##### Source data #####

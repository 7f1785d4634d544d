-- ===== src/Stores/Tests.antt =====
-- Runs of the store service of backend/poi_admin/stores/service.py on concrete rows.
mod Pois
use poi_hub.Base.{◌≡◌, refl, false, none, List, [], ◌∷◌}
use poi_hub.Base.Rows.{any}
use poi_hub.Base.Rows.Laws.{Distinct}
use poi_hub.Base.Result.{ok, ok_or}
use poi_hub.Base.Json.{str, end, field}
use poi_hub.Stores.Model.{Store, ServicePoi, Mapping, refuse, get_store}
use poi_hub.Stores.Mappings.{Draw, clash, manual_map, maps_store}
use poi_hub.Stores.Mappings.Exclusive.{here, next, mapped, MappingReach-Distinct}
use poi_hub.Stores.Editing.{has_version, update_store, archive_store}
use poi_hub.Stores.Editing.Versions.{update_store_once, archive_store_unmaps}

abbrev pub store : Store
store = record {
  id = "s";
  tenant_id = "t";
  columns = field "code" (str "A1") (
      field "name" (str "Shop")
        (field "address" (str "Street") (field "status" (str "active") end)));
  version = 1;
}

abbrev pub poi : ServicePoi
poi = record {
  id = "p";
  tenant_id = "t";
  connection_id = "c";
  external_poi_id = "e";
  name = "Shop";
  address = "Street";
  latitude = none;
  longitude = none;
  remote_status = "active";
  category = none;
  qualification_summary = none;
  raw_checksum = "";
  last_synced_at = 0;
}

abbrev pub draw : Draw
draw = record { new_id = "m"; now = 10 }

abbrev made : Mapping × List Mapping
made = ok_or (manual_map draw (store ∷ []) (poi ∷ []) "t" "s" "p" "u" [] []) (one, one ∷ [])
  where
    one : Mapping
    one = record {
      id = "m";
      tenant_id = "t";
      connection_id = "c";
      store_id = "s";
      service_poi_id = "p";
      state = poi_hub.Stores.Model.active;
      match_score = none;
      match_evidence = end;
      confirmed_by_user_id = "u";
      confirmed_at = 10;
      unbound_by_user_id = none;
      unbound_at = none;
    }

mapping : manual_map draw (store ∷ []) (poi ∷ []) "t" "s" "p" "u" [] [] ≡ ok (made.0, made.1)
unfolding manual_map
mapping = refl

MappingReach-Distinct_example : Distinct clash made.1
MappingReach-Distinct_example =
    MappingReach-Distinct [] made.1
      (next here (mapped draw (store ∷ []) (poi ∷ []) "t" "s" "p" "u" [] [] made.0 made.1 mapping))
      tt

abbrev renamed : Store × List Store
renamed =
    ok_or (update_store "t" "s" 1 (field "name" (str " New ") end) (store ∷ []) (store ∷ []))
      (store, [])

rename :
    update_store "t" "s" 1 (field "name" (str " New ") end) (store ∷ []) (store ∷ [])
    ≡ ok (renamed.0, renamed.1)
unfolding update_store
rename = refl

update_store_once_example :
    update_store "t" "s" 1 (field "name" (str "Other") end) (store ∷ []) renamed.1
    ≡ refuse "version_conflict" 409
unfolding get_store
update_store_once_example =
    update_store_once "t" "s" 1 (field "name" (str " New ") end) (field "name" (str "Other") end)
      (store ∷ []) (store ∷ []) renamed.0 renamed.1 (store ∷ []) store rename refl

abbrev archived : List Store × List Mapping
archived = ok_or (archive_store "t" "s" 1 "u" 20 (store ∷ [], made.1)) ([], [])

archive : archive_store "t" "s" 1 "u" 20 (store ∷ [], made.1) ≡ ok (archived.0, archived.1)
unfolding archive_store
archive = refl

archive_store_unmaps_example :
    (any (maps_store "t" "s") archived.1 ≡ false) × (any (has_version "t" "s" 1) archived.0 ≡ false)
archive_store_unmaps_example =
    archive_store_unmaps "t" "s" 1 "u" 20 (store ∷ []) made.1 archived.0 archived.1 archive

#####

_Work order_
Copy out precisely the lines from the line with "poi = record" to the line with "qualification_summary = none;" in the material above, including those two lines and omitting all the rest.

_Solved exercise_
poi = record {
  id = "p";
  tenant_id = "t";
  connection_id = "c";
  external_poi_id = "e";
  name = "Shop";
  address = "Street";
  latitude = none;
  longitude = none;
  remote_status = "active";
  category = none;
  qualification_summary = none;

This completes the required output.